-- Data to process follows --
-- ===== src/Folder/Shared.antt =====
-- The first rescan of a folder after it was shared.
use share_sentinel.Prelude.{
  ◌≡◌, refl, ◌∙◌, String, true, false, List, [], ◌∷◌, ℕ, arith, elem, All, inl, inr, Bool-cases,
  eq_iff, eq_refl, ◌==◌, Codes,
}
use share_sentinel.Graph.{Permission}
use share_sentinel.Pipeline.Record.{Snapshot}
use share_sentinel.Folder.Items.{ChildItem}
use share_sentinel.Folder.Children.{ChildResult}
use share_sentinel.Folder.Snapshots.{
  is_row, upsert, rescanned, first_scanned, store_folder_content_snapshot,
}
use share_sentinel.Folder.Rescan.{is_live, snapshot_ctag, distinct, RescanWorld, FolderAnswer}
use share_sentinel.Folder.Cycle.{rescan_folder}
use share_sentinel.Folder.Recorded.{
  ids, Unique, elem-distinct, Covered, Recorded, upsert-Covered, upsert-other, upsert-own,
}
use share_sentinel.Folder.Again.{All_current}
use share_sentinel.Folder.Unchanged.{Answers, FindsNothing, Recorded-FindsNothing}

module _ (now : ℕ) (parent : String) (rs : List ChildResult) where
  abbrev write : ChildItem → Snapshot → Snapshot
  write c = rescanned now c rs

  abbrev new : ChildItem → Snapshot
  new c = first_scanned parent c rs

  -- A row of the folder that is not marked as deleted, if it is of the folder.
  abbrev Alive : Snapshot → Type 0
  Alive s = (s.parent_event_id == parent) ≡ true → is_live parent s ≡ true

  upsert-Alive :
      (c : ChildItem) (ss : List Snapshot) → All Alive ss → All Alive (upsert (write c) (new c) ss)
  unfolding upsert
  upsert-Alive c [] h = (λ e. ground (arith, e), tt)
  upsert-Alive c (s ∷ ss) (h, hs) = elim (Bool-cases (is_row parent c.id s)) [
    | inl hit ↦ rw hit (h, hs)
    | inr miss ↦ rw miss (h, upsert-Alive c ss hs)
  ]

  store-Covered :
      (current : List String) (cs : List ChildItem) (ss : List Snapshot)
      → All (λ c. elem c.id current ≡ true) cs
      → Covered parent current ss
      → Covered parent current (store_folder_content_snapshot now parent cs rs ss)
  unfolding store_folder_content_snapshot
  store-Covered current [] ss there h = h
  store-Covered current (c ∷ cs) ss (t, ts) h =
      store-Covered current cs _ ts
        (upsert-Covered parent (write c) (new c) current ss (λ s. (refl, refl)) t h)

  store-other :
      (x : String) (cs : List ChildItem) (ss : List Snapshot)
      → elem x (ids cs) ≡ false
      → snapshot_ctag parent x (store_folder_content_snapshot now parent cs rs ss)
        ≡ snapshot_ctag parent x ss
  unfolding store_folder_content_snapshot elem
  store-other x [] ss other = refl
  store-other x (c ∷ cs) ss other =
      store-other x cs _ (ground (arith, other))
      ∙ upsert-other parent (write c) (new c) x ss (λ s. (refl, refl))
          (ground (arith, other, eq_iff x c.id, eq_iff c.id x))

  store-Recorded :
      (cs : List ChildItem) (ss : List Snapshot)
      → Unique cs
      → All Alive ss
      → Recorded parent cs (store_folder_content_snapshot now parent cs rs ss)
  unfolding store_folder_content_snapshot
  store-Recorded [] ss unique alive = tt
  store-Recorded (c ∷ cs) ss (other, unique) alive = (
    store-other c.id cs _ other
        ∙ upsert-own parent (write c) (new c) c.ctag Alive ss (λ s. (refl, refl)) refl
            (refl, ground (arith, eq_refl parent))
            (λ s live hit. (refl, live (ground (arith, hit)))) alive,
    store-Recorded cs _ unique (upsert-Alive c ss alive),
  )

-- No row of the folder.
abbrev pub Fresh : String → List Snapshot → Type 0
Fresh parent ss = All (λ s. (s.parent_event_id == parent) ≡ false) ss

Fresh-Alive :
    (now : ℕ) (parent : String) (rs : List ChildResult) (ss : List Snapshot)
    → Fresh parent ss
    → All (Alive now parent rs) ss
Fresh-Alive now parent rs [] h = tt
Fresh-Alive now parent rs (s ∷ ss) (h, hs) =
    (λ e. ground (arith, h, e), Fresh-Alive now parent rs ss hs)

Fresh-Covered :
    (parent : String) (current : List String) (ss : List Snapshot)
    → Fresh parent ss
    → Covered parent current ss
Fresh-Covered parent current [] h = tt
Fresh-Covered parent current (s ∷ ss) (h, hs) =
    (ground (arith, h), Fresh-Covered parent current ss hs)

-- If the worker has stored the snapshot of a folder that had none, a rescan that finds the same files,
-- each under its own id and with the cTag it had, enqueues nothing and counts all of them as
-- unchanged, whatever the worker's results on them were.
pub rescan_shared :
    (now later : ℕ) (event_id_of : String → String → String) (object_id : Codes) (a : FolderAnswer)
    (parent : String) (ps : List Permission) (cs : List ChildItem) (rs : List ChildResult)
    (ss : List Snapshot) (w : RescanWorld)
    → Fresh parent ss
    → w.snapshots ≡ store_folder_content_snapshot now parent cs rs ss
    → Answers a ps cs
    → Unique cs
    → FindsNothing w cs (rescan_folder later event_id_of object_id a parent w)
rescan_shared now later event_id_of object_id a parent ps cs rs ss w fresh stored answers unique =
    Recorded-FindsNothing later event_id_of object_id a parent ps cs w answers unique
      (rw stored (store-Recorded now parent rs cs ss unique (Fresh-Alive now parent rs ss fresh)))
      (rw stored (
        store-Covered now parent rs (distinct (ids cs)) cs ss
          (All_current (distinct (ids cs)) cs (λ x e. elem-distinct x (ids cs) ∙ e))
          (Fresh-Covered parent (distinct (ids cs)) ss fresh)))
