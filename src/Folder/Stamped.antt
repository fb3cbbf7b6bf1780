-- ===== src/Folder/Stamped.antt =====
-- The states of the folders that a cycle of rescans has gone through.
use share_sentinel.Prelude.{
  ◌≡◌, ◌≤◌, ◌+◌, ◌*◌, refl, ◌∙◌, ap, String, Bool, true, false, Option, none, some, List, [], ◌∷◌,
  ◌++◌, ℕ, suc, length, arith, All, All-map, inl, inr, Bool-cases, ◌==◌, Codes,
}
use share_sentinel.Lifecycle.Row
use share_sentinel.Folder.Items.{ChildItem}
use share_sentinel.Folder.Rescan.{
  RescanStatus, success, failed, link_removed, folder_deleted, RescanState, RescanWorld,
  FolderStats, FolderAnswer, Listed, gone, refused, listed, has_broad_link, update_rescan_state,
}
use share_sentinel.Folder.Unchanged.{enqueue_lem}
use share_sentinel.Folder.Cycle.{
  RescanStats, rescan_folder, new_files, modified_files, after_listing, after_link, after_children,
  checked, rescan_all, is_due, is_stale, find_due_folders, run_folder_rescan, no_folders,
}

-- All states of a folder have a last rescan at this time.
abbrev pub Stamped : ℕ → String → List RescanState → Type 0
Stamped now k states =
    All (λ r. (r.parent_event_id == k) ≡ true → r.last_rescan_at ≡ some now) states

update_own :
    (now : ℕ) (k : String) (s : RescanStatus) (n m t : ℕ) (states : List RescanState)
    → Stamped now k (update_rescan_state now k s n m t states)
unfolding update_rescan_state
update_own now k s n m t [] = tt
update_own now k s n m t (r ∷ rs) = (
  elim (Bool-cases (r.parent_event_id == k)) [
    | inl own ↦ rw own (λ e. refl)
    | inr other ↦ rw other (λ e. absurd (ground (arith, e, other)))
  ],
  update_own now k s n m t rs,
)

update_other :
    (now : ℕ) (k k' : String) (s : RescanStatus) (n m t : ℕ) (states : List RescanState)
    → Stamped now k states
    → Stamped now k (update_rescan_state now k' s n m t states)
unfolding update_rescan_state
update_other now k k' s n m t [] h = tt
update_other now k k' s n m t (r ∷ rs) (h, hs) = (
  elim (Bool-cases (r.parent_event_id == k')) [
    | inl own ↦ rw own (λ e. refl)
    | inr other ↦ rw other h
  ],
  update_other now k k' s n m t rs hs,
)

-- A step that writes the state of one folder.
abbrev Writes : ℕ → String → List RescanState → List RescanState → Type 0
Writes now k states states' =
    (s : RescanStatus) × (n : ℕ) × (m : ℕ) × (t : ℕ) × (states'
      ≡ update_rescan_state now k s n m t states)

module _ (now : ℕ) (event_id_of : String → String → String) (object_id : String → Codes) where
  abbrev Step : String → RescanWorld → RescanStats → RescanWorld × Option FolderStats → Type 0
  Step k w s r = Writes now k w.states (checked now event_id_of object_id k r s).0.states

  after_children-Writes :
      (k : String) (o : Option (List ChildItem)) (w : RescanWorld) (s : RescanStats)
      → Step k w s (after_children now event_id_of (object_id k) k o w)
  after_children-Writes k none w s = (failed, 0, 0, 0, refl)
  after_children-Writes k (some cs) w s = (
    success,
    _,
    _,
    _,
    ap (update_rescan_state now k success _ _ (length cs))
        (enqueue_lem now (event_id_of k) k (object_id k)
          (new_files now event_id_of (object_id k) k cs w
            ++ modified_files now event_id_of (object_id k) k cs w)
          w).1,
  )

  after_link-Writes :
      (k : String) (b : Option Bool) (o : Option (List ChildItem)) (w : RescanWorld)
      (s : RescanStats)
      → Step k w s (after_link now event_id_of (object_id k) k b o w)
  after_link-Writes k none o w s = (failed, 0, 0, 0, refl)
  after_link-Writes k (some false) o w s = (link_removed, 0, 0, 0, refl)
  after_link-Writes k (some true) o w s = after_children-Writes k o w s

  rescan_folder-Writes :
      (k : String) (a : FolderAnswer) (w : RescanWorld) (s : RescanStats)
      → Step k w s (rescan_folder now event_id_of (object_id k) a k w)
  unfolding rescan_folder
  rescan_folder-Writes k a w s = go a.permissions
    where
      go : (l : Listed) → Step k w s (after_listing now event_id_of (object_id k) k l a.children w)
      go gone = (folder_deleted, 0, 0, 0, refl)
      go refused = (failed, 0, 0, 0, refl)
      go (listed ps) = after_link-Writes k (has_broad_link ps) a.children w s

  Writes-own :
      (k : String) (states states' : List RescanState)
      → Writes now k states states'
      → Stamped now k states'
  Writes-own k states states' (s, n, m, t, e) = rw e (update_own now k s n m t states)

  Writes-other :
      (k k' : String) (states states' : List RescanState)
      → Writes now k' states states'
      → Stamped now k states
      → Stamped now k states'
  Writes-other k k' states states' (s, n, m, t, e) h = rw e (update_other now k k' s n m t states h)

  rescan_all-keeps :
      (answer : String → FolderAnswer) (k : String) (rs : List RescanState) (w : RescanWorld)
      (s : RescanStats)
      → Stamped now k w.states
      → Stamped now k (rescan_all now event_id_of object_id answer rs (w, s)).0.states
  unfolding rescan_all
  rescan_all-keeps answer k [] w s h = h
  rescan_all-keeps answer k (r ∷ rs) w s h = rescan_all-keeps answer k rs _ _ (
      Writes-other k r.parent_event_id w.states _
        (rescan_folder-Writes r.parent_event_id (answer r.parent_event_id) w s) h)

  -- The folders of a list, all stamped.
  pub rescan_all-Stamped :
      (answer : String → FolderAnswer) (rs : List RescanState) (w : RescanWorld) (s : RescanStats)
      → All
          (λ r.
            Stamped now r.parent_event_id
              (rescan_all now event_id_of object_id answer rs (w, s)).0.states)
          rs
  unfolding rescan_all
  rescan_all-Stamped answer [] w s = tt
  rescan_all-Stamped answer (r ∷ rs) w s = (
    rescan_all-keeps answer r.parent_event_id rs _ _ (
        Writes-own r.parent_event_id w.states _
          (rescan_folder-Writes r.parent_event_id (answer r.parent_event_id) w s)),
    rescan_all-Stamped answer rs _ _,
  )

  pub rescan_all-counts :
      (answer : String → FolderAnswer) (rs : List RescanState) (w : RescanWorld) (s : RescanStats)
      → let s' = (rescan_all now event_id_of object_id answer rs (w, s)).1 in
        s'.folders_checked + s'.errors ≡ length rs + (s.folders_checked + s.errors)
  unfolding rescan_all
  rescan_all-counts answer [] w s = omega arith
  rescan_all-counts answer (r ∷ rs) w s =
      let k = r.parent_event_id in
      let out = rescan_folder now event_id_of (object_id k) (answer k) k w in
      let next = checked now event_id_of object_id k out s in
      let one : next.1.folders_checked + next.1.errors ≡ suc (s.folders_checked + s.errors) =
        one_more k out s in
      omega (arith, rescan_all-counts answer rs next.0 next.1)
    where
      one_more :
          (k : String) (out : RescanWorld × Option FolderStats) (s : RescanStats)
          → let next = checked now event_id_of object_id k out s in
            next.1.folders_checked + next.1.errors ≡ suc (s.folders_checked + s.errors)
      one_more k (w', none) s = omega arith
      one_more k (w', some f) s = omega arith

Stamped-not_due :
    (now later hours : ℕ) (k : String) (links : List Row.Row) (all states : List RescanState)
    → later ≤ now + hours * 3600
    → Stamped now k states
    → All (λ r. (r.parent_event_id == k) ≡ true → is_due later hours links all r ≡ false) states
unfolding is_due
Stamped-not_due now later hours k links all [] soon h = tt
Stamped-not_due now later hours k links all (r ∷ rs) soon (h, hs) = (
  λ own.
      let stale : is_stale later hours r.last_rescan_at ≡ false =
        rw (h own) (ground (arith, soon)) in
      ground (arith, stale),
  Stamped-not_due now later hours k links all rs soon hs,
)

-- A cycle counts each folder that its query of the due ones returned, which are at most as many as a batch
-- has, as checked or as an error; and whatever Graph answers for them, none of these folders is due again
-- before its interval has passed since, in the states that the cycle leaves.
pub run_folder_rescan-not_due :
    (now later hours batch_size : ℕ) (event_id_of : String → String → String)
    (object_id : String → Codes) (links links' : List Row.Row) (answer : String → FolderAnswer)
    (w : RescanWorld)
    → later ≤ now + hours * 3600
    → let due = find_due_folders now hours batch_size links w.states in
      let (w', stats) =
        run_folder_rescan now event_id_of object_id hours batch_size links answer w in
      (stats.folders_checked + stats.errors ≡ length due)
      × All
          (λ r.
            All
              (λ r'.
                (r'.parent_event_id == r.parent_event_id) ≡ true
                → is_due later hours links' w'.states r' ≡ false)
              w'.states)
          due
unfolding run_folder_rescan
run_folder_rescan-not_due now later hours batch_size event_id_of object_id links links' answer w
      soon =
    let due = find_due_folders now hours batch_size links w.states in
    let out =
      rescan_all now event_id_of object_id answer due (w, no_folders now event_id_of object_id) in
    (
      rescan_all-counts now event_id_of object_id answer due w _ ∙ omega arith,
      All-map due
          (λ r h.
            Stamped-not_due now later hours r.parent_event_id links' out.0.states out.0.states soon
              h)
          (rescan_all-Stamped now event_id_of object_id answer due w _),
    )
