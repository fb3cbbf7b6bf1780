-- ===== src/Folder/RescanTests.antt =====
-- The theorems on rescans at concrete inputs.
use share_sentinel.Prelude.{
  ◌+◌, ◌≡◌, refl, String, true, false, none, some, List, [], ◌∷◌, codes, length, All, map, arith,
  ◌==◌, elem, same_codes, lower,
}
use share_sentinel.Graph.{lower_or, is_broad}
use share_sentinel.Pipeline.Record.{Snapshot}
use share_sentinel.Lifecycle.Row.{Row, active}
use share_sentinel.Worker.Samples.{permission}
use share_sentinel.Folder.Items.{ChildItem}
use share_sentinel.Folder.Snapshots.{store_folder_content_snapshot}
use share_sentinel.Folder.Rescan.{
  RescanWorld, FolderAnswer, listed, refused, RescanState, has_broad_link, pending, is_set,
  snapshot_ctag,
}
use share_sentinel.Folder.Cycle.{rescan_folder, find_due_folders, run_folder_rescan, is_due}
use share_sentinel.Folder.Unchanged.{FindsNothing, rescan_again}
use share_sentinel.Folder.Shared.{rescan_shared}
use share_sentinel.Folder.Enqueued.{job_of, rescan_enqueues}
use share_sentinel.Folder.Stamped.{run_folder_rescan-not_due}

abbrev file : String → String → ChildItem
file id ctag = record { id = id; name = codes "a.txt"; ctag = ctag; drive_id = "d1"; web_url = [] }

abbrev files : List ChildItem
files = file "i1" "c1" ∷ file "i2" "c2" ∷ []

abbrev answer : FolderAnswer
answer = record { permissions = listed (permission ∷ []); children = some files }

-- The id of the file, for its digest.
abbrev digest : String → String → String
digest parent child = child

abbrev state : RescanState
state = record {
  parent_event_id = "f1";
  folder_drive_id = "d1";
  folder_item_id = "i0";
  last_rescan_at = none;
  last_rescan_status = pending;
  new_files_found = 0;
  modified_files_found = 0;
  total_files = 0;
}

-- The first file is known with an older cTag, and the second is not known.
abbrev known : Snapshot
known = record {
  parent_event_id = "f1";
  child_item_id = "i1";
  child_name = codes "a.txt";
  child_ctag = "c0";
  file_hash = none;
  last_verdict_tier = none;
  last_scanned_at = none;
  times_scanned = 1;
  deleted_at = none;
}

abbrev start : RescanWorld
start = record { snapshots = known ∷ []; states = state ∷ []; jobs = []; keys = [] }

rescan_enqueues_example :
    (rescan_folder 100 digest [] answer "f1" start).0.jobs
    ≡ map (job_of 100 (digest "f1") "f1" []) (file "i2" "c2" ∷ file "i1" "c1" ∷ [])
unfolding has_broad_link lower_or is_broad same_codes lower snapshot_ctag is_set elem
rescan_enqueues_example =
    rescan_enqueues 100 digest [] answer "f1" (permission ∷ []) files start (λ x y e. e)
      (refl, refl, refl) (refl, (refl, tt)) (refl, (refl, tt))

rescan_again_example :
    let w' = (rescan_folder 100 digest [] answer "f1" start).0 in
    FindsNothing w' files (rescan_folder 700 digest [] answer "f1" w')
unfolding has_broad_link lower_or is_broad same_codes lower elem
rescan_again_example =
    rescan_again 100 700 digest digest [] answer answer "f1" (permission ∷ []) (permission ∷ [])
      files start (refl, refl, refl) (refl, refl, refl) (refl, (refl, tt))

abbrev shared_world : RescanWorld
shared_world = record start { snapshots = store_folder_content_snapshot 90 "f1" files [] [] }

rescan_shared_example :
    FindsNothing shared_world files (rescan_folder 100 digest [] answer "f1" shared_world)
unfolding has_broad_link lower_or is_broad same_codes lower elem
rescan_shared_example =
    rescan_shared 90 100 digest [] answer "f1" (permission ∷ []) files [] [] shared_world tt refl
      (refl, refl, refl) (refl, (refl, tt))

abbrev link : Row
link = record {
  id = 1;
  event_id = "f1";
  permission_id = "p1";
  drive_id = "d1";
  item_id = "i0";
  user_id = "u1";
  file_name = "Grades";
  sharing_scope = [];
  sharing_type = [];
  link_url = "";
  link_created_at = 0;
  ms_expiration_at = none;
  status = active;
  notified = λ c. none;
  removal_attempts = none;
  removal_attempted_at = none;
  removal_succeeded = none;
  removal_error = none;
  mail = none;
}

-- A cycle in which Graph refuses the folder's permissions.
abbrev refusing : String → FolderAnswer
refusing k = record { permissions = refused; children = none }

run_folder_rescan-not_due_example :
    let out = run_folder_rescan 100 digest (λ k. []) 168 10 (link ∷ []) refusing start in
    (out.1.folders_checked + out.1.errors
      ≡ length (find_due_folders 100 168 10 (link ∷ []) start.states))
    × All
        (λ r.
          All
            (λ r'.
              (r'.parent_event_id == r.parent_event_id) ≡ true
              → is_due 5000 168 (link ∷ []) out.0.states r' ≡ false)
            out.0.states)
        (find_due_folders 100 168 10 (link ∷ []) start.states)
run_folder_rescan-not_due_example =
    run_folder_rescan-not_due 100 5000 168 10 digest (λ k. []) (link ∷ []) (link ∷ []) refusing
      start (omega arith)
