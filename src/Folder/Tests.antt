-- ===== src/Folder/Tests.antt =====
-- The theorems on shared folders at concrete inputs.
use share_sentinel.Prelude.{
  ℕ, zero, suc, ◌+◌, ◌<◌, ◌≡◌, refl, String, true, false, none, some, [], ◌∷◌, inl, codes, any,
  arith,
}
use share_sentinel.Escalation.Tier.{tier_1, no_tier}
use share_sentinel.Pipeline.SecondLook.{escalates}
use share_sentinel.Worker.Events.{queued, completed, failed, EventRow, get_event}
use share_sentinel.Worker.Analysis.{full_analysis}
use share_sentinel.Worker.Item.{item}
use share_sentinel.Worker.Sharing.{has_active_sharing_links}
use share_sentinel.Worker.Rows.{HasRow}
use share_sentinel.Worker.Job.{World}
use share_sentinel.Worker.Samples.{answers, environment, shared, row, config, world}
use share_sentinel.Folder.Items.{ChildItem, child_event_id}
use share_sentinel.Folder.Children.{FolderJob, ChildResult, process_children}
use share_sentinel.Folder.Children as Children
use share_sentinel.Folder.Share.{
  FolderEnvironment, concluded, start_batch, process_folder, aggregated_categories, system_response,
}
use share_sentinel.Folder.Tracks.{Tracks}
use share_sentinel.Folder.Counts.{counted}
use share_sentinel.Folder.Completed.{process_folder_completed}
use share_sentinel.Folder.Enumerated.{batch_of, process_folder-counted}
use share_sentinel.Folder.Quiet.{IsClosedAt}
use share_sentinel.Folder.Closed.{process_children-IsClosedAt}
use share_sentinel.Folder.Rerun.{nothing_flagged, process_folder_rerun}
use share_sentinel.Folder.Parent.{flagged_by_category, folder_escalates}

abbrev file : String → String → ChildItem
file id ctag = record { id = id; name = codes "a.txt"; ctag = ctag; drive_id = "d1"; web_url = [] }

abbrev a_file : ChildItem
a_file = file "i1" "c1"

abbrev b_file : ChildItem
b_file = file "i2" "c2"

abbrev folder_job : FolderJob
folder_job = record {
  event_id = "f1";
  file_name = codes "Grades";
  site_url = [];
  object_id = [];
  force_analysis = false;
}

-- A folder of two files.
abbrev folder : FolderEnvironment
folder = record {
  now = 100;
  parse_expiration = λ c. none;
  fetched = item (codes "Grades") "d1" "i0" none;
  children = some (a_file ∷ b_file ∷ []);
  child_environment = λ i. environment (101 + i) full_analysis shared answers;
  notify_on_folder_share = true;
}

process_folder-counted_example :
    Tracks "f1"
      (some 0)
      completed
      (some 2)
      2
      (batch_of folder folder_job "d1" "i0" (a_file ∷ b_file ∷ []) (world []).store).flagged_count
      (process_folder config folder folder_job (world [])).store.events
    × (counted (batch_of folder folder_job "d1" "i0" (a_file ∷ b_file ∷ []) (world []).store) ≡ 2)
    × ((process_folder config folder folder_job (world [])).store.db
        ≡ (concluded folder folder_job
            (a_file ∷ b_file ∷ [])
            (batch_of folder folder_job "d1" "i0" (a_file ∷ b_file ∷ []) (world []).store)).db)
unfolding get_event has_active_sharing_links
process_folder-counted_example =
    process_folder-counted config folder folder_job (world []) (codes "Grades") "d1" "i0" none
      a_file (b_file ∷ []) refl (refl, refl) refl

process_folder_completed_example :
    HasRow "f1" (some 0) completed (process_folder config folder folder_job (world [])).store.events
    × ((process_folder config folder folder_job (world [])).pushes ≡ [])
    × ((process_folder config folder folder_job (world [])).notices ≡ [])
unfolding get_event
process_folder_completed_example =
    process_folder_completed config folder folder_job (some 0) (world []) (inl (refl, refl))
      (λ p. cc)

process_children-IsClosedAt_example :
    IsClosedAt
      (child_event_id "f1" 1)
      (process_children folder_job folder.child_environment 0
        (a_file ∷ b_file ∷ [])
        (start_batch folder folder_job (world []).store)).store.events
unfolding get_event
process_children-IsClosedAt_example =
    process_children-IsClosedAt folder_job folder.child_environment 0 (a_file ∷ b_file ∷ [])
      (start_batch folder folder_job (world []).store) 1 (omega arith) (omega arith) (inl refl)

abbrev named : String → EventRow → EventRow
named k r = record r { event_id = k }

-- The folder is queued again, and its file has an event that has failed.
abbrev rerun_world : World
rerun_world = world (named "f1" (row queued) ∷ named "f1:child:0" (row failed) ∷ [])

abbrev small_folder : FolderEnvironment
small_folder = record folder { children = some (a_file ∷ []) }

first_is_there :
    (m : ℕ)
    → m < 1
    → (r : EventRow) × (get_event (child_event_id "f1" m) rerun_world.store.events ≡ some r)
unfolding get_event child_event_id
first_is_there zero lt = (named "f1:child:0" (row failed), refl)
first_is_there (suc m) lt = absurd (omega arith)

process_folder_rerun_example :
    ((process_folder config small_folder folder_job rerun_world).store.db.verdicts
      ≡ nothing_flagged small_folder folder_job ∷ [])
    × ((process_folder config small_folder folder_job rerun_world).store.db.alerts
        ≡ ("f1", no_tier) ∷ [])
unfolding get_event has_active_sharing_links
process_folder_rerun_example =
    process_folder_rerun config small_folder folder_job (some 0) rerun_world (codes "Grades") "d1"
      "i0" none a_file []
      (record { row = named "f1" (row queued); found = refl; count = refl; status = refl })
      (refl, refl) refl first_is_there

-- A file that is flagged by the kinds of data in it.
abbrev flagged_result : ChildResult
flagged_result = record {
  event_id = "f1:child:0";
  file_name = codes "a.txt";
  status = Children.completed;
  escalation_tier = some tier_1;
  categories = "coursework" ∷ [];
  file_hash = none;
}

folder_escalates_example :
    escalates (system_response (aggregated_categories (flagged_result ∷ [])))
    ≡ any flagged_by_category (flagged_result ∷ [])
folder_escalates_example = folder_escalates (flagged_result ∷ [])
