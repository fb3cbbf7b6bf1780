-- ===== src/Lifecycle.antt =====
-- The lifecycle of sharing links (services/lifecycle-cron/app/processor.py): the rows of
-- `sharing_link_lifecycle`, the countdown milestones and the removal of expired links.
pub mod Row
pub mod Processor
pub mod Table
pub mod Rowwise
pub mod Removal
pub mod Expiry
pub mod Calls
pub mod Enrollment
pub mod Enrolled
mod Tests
-- Data to process concluded --
What you need to do:
Begin at the line above that has "go refused = (failed, 0, 0, 0, refl)" and stop after the line that has "Writes-own k states", copying each line exactly and adding nothing else.

Final answer:
      go refused = (failed, 0, 0, 0, refl)
      go (listed ps) = after_link-Writes k (has_broad_link ps) a.children w s

  Writes-own :
      (k : String) (states states' : List RescanState)
      → Writes now k states states'
      → Stamped now k states'
  Writes-own k states states' (s, n, m, t, e) = rw e (update_own now k s n m t states)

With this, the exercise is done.